Most people in the U.S. are familiar with the FICO Score: When we apply for a home mortgage or for a car loan, the FICO score is what the lender uses to assess our credit-worthiness. That score is an index made up of many of our personal numbers, such as the number of credit cards we hold in our name, the amount and frequency of credit card transactions, our timeliness in paying bills, and outstanding loans, among other personal financial characteristics.
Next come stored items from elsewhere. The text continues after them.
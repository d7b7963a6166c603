-- ===== src/CReader/Pending.antt =====
-- The bytes that a reader of lib/c/reader.c has still to give, and the refilling of its buffer.
use c_cpp_sandbox.Common.{
  ℕ, ◌+◌, ◌-◌, ◌≤◌, ◌<◌, ◌≡◌, refl, sym, ap, ◌∙◌, inl, inr, false, some, List, [], ◌∷◌, ◌++◌,
  append_assoc, arith, le-cases, List-cases, subst, All, length, take, drop, length-append,
  length-take, length-drop, take-append-drop, take-append_exact,
}
use c_cpp_sandbox.CReader.{Source, read, Reader, fill_buffer}

abbrev pub flatten : List (List ℕ) → List ℕ
flatten [] = []
flatten (c ∷ chunks) = c ++ flatten chunks

-- The bytes in the buffer that have not been given out.
abbrev pub buffered : Reader → List ℕ
buffered r = take (r.bytes_in_buffer - r.cursor) (drop r.cursor r.buf)

abbrev pub pending : Reader → List ℕ
pending r = buffered r ++ flatten r.fd.chunks

abbrev pub IsChunk : List ℕ → Type 0
IsChunk c = 0 < length c

pub record IsValid (r : Reader) : Type 0 where
  pub buffer : length r.buf ≡ r.buf_size
  pub some_room : 0 < r.buf_size
  pub filled : r.bytes_in_buffer ≤ r.buf_size
  pub placed : r.cursor ≤ r.bytes_in_buffer
  pub arriving : All IsChunk r.fd.chunks

pub length-buffered : {r : Reader} → IsValid r → length (buffered r) ≡ r.bytes_in_buffer - r.cursor
length-buffered {r} v = omega (
  arith,
  length-take (r.bytes_in_buffer - r.cursor) (drop r.cursor r.buf),
  length-drop r.cursor r.buf,
  v.buffer,
  v.filled,
)

-- The reader `r'` after a refill that has put `k` bytes into the buffer.
pub record Refilled (r : Reader) (k : ℕ) (r' : Reader) : Type 0 where
  pub valid : IsValid r'
  pub same_pending : pending r' ≡ flatten r.fd.chunks
  pub fewer : length (flatten r'.fd.chunks) + k ≡ length (flatten r.fd.chunks)
  pub same_end : r'.fd.fails ≡ r.fd.fails

-- The reader with the bytes `b` in its buffer.
abbrev pub refilled : Reader → List ℕ → Source → Reader
refilled r b fd = record r {
  fd = fd;
  buf = b ++ drop (length b) r.buf;
  cursor = 0;
  bytes_in_buffer = length b;
}

refilled-Refilled :
    (r : Reader) (b : List ℕ) (fd : Source)
    → IsValid r
    → length b ≤ r.buf_size
    → All IsChunk fd.chunks
    → b ++ flatten fd.chunks ≡ flatten r.fd.chunks
    → fd.fails ≡ r.fd.fails
    → Refilled r (length b) (refilled r b fd)
refilled-Refilled r b fd v le arriving same end = record {
  valid = record {
    buffer =
        omega
          (arith, length-append b (drop (length b) r.buf), length-drop (length b) r.buf, v.buffer);
    some_room = v.some_room;
    filled = le;
    placed = omega arith;
    arriving = arriving;
  };
  same_pending =
      ap (λ l. l ++ flatten fd.chunks)
        (take-append_exact b (drop (length b) r.buf) (length b - 0) (omega arith))
      ∙ same;
  fewer = omega (arith, length-append b (flatten fd.chunks), ap (λ l. length l) same);
  same_end = end;
}

pub fill_read :
    (r : Reader) (b : List ℕ) (fd : Source)
    → read r.buf_size r.fd ≡ (some b, fd)
    → length b ≤ r.buf_size
    → fill_buffer r ≡ (some (length b), refilled r b fd)
unfolding fill_buffer
fill_read r b fd e le = ground (arith, e, ap (λ p. p.0) e, ap (λ p. p.1) e)

pub read_whole :
    (n : ℕ) (fd : Source) (c : List ℕ) (chunks : List (List ℕ))
    → fd.chunks ≡ c ∷ chunks
    → length c ≤ n
    → read n fd ≡ (some c, record fd { chunks = chunks })
read_whole n fd c chunks e le = ground (arith, e)

read_part :
    (n : ℕ) (fd : Source) (c : List ℕ) (chunks : List (List ℕ))
    → fd.chunks ≡ c ∷ chunks
    → n < length c
    → read n fd ≡ (some (take n c), record fd { chunks = drop n c ∷ chunks })
read_part n fd c chunks e gt = ground (arith, e)

-- A refill while there is something to come.
pub fill_some :
    (r : Reader)
    → IsValid r
    → 0 < length (flatten r.fd.chunks)
    → (k : ℕ) × (r' : Reader) × (fill_buffer r ≡ (some k, r')) × (0 < k) × Refilled r k r'
fill_some r v more = elim (List-cases r.fd.chunks) [
  | inl e ↦ absurd (omega (arith, more, ap (λ l. length (flatten l)) e))
  | inr (c, chunks, e) ↦
      let (chunk, later) : All IsChunk (c ∷ chunks) = subst (λ l. All IsChunk l) e v.arriving in
      elim (le-cases (length c) r.buf_size) [
        | inl le ↦ (
          length c,
          refilled r c (record r.fd { chunks = chunks }),
          fill_read r c _ (read_whole _ _ c chunks e le) le,
          chunk,
          refilled-Refilled r c (record r.fd { chunks = chunks }) v le later (sym (ap flatten e))
              refl,
        )
        | inr gt ↦
            let fd : Source = record r.fd { chunks = drop r.buf_size c ∷ chunks } in
            let size : length (take r.buf_size c) ≡ r.buf_size =
              omega (arith, length-take r.buf_size c) in
            (
              length (take r.buf_size c),
              refilled r (take r.buf_size c) fd,
              fill_read r _ fd (read_part _ _ c chunks e gt) (omega (arith, size)),
              omega (arith, size, v.some_room),
              refilled-Refilled r (take r.buf_size c) fd v (omega (arith, size))
                  (omega (arith, length-drop r.buf_size c), later)
                  (sym (append_assoc (take r.buf_size c) (drop r.buf_size c) (flatten chunks))
                    ∙ ap (λ l. l ++ flatten chunks) (take-append-drop r.buf_size c)
                    ∙ sym (ap flatten e))
                  refl,
            )
      ]
]

-- A refill at the end of the file: no byte, and nothing to come.
pub fill_end :
    (r : Reader)
    → IsValid r
    → r.fd.fails ≡ false
    → length (flatten r.fd.chunks) ≡ 0
    → (r' : Reader) × (fill_buffer r ≡ (some 0, r')) × Refilled r 0 r'
fill_end r v end nothing = elim (List-cases r.fd.chunks) [
  | inl e ↦ (
    refilled r [] r.fd,
    fill_read r [] r.fd (ground (arith, e, end)) (omega arith),
    refilled-Refilled r [] r.fd v (omega arith) v.arriving refl refl,
  )
  | inr (c, chunks, e) ↦
      let (chunk, later) : All IsChunk (c ∷ chunks) = subst (λ l. All IsChunk l) e v.arriving in
      absurd (
        omega
          (arith, chunk, nothing, ap (λ l. length (flatten l)) e, length-append c (flatten chunks)))
]
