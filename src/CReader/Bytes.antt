-- ===== src/CReader/Bytes.antt =====
-- `reader_read_bytes` of lib/c/reader.c, when enough bytes are to come.
use c_cpp_sandbox.Common.{
  ℕ, zero, suc, ◌+◌, ◌-◌, ◌≤◌, ◌<◌, ◌≡◌, refl, sym, ap, ap₂, ◌∙◌, inl, inr, true, some, List, [],
  ◌∷◌, ◌++◌, append_assoc, append-nil, arith, le-cases, length, take, drop, length-append,
  take-append_le, take-append_ge, drop-append_le, drop-append_ge, take-take, drop-take, drop-drop,
}
use c_cpp_sandbox.CReader.{Reader, fill_buffer, cursor_check, read_bytes_loop, reader_read_bytes}
use c_cpp_sandbox.CReader.Pending.{
  flatten, buffered, pending, IsValid, length-buffered, Refilled, fill_some,
}

-- The reader when `k` bytes have been taken from its buffer.
abbrev pub moved : Reader → ℕ → Reader
moved r k = record r { cursor = r.cursor + k }

pub moved-IsValid :
    (r : Reader) (k : ℕ) → IsValid r → k ≤ r.bytes_in_buffer - r.cursor → IsValid (moved r k)
moved-IsValid r k v h = record {
  buffer = v.buffer;
  some_room = v.some_room;
  filled = v.filled;
  placed = omega (arith, v.placed);
  arriving = v.arriving;
}

pub moved-pending :
    (r : Reader) (k : ℕ)
    → IsValid r
    → k ≤ r.bytes_in_buffer - r.cursor
    → (take k (drop r.cursor r.buf) ≡ take k (pending r))
      × (pending (moved r k) ≡ drop k (pending r))
moved-pending r k v h = (
  sym (
      take-append_le (buffered r) (flatten r.fd.chunks) k (omega (arith, length-buffered v))
      ∙ take-take k (r.bytes_in_buffer - r.cursor) (drop r.cursor r.buf) h),
  sym (
      drop-append_le (buffered r) (flatten r.fd.chunks) k (omega (arith, length-buffered v))
      ∙ ap (λ l. l ++ flatten r.fd.chunks)
          (drop-take k (r.bytes_in_buffer - r.cursor) (drop r.cursor r.buf) h
            ∙ ap₂ (λ n l. take n l) (omega arith) (drop-drop k r.cursor r.buf))),
)

-- What the loop does in the three cases of its body.
loop_done :
    (fuel n bytes_read : ℕ) (chars : List ℕ) (r : Reader)
    → n ≤ bytes_read
    → read_bytes_loop (suc fuel) n bytes_read chars r ≡ some (some chars, r)
unfolding read_bytes_loop
loop_done fuel n bytes_read chars r h = ground arith

loop_last :
    (fuel n bytes_read : ℕ) (chars : List ℕ) (r : Reader)
    → bytes_read < n
    → n - bytes_read ≤ r.bytes_in_buffer - r.cursor
    → read_bytes_loop (suc fuel) n bytes_read chars r
      ≡ some (some (chars ++ take (n - bytes_read) (drop r.cursor r.buf)), moved r (n - bytes_read))
unfolding read_bytes_loop
loop_last fuel n bytes_read chars r h1 h2 = ground arith

pub loop_refill :
    (fuel n bytes_read : ℕ) (chars : List ℕ) (r r' : Reader) (k : ℕ)
    → bytes_read < n
    → r.bytes_in_buffer - r.cursor < n - bytes_read
    → fill_buffer r ≡ (some k, r')
    → read_bytes_loop (suc fuel) n bytes_read chars r
      ≡ read_bytes_loop fuel n
          (bytes_read + (r.bytes_in_buffer - r.cursor))
          (chars ++ buffered r)
          r'
unfolding read_bytes_loop
loop_refill fuel n bytes_read chars r r' k h1 h2 e =
    ground (arith, ap (λ p. p.0) e, ap (λ p. p.1) e)

-- The rest of the `n` bytes has been taken from what was pending in `r`.
pub record Took (n : ℕ) (r r' : Reader) : Type 0 where
  pub valid : IsValid r'
  pub rest : pending r' ≡ drop n (pending r)

-- What is still to be taken after the rest of the buffer has been.
after-buffer :
    (r r' : Reader) (k n m : ℕ) (chars : List ℕ)
    → IsValid r
    → Refilled r k r'
    → n ≡ r.bytes_in_buffer - r.cursor + m
    → ((chars ++ buffered r) ++ take m (pending r') ≡ chars ++ take n (pending r))
      × (drop m (pending r') ≡ drop n (pending r))
after-buffer r r' k n m chars v f e = (
  append_assoc chars (buffered r) (take m (pending r'))
      ∙ ap (λ l. chars ++ l)
          (ap (λ l. buffered r ++ take m l) f.same_pending
            ∙ ap (λ j. buffered r ++ take j (flatten r.fd.chunks))
                (omega (arith, e, length-buffered v))
            ∙ sym (
                take-append_ge (buffered r) (flatten r.fd.chunks) n
                  (omega (arith, e, length-buffered v)))),
  ap (drop m) f.same_pending
      ∙ ap (λ j. drop j (flatten r.fd.chunks)) (omega (arith, e, length-buffered v))
      ∙ sym (
          drop-append_ge (buffered r) (flatten r.fd.chunks) n
            (omega (arith, e, length-buffered v))),
)

read_bytes_loop-Took :
    (fuel n bytes_read : ℕ) (chars : List ℕ) (r : Reader)
    → IsValid r
    → bytes_read ≤ n
    → n - bytes_read ≤ length (pending r)
    → length (flatten r.fd.chunks) < fuel
    → (r' : Reader) × (read_bytes_loop fuel n bytes_read chars r
        ≡ some (some (chars ++ take (n - bytes_read) (pending r)), r'))
      × Took (n - bytes_read) r r'
read_bytes_loop-Took zero n bytes_read chars r v le enough more = absurd (omega (arith, more))
read_bytes_loop-Took (suc fuel) n bytes_read chars r v le enough more =
    elim (le-cases n bytes_read) [
      | inl done ↦
          let none_left : n - bytes_read ≡ 0 = omega arith in
          (
            r,
            loop_done fuel n bytes_read chars r done
                ∙ ap (λ l. some (some l, r))
                    (sym (ap (λ k. chars ++ take k (pending r)) none_left ∙ append-nil chars)),
            record { valid = v; rest = sym (ap (λ k. drop k (pending r)) none_left) },
          )
      | inr left ↦ elim (le-cases (n - bytes_read) (r.bytes_in_buffer - r.cursor)) [
        | inl inside ↦
            let (bytes, rest) = moved-pending r (n - bytes_read) v inside in
            (
              moved r (n - bytes_read),
              loop_last fuel n bytes_read chars r left inside
                  ∙ ap (λ l. some (some (chars ++ l), moved r (n - bytes_read))) bytes,
              record { valid = moved-IsValid r (n - bytes_read) v inside; rest = rest },
            )
        | inr past ↦
            let in_buffer = r.bytes_in_buffer - r.cursor in
            let total = length-append (buffered r) (flatten r.fd.chunks) in
            let (k, r', e, positive, f) =
              fill_some r v (omega (arith, enough, past, total, length-buffered v)) in
            let (r'', run, took) =
              read_bytes_loop-Took fuel n (bytes_read + in_buffer) (chars ++ buffered r) r' f.valid
                (omega arith)
                (omega (arith, enough, total, length-buffered v, ap (λ l. length l) f.same_pending))
                (omega (arith, more, positive, f.fewer)) in
            let (bytes, rest) =
              after-buffer r r' k (n - bytes_read) (n - (bytes_read + in_buffer)) chars v f
                (omega arith) in
            (
              r'',
              loop_refill fuel n bytes_read chars r r' k left past e
                  ∙ run
                  ∙ ap (λ l. some (some l, r'')) bytes,
              record { valid = took.valid; rest = took.rest ∙ rest },
            )
      ]
    ]

-- The reader after a check that has found something to read.
pub record Ready (r r' : Reader) : Type 0 where
  pub valid : IsValid r'
  pub same_pending : pending r' ≡ pending r
  pub no_more : length (flatten r'.fd.chunks) ≤ length (flatten r.fd.chunks)
  pub same_end : r'.fd.fails ≡ r.fd.fails

check_skips : (r : Reader) → r.cursor < r.bytes_in_buffer → cursor_check r ≡ (true, r)
unfolding cursor_check
check_skips r h = ground arith

check_fills :
    (r r' : Reader) (k : ℕ)
    → r.bytes_in_buffer ≤ r.cursor
    → fill_buffer r ≡ (some k, r')
    → 0 < k
    → cursor_check r ≡ (true, r')
unfolding cursor_check
check_fills r r' k h e positive = ground (arith, ap (λ p. p.0) e, ap (λ p. p.1) e)

empty-buffered : (r : Reader) → r.bytes_in_buffer ≤ r.cursor → buffered r ≡ []
empty-buffered r h =
    ap (λ k. take k (drop r.cursor r.buf)) {x = r.bytes_in_buffer - r.cursor} {y = 0} (omega arith)

pub cursor_check-Ready :
    (r : Reader)
    → IsValid r
    → 0 < length (pending r)
    → (r' : Reader) × (cursor_check r ≡ (true, r')) × Ready r r'
cursor_check-Ready r v more = elim (le-cases r.bytes_in_buffer r.cursor) [
  | inl empty ↦
      let gone = empty-buffered r empty in
      let (k, r', e, positive, f) =
        fill_some r v (omega (arith, more, ap (λ l. length (l ++ flatten r.fd.chunks)) gone)) in
      (
        r',
        check_fills r r' k empty e positive,
        record {
          valid = f.valid;
          same_pending = f.same_pending ∙ sym (ap (λ l. l ++ flatten r.fd.chunks) gone);
          no_more = omega (arith, f.fewer);
          same_end = f.same_end;
        },
      )
  | inr some_left ↦ (
    r,
    check_skips r some_left,
    record { valid = v; same_pending = refl; no_more = omega arith; same_end = refl },
  )
]

read_bytes_finished :
    (fuel n : ℕ) (r r' r'' : Reader) (chars : List ℕ)
    → cursor_check r ≡ (true, r')
    → read_bytes_loop fuel n 0 [] r' ≡ some (some chars, r'')
    → reader_read_bytes fuel r n ≡ some (some (chars ++ (0 ∷ [])), r'')
unfolding reader_read_bytes
read_bytes_finished fuel n r r' r'' chars e run =
    ground (arith, ap (λ p. p.0) e, ap (λ p. p.1) e, run)

-- For a well-formed reader: when something is to come, and at least `n` bytes before the end,
-- `reader_read_bytes` returns the next `n` bytes with a NUL behind them and leaves the others to
-- be read, however they arrive in chunks. More fuel than there are bytes outside the buffer is
-- enough.
pub read_bytes-Took :
    (fuel n : ℕ) (r : Reader)
    → IsValid r
    → 0 < length (pending r)
    → n ≤ length (pending r)
    → length (flatten r.fd.chunks) < fuel
    → (r' : Reader) × (reader_read_bytes fuel r n
        ≡ some (some (take n (pending r) ++ (0 ∷ [])), r'))
      × Took n r r'
read_bytes-Took fuel n r v some_left enough more =
    let all : n - 0 ≡ n = omega arith in
    let (ready, e, y) = cursor_check-Ready r v some_left in
    let (r', run, took) =
      read_bytes_loop-Took fuel n 0 [] ready y.valid (omega arith)
        (omega (arith, enough, ap (λ l. length l) y.same_pending))
        (omega (arith, more, y.no_more)) in
    (
      r',
      read_bytes_finished fuel n r ready r' _ e run
          ∙ ap₂ (λ k l. some (some (take k l ++ (0 ∷ [])), r')) all y.same_pending,
      record { valid = took.valid; rest = took.rest ∙ ap₂ (λ k l. drop k l) all y.same_pending },
    )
Increasingly, those numbers are being mashed up with newer kinds of data: social network information that we leave on Facebook, the 140 characters we type into Twitter, and retail purchase data that third party data brokers collect on us in loyalty programs at grocers and department stores (think: Target). Our phones' geo-location trackers follow us around, 24x7, and know more about whether we're depressed and anti-social (when the phone is home with us for days in a row) than our doctors or family might realize.

Trading data for food is a fair deal for people making a conscious decision to write about Weight Watchers' pop-up store experience -- the cuisine, the camaraderie, the social support for choosing healthy food, the great service. Trading data in the dark for third parties' profit -- without cutting us into the value created in the Big Data mash-up. That's a very expensive lunch indeed.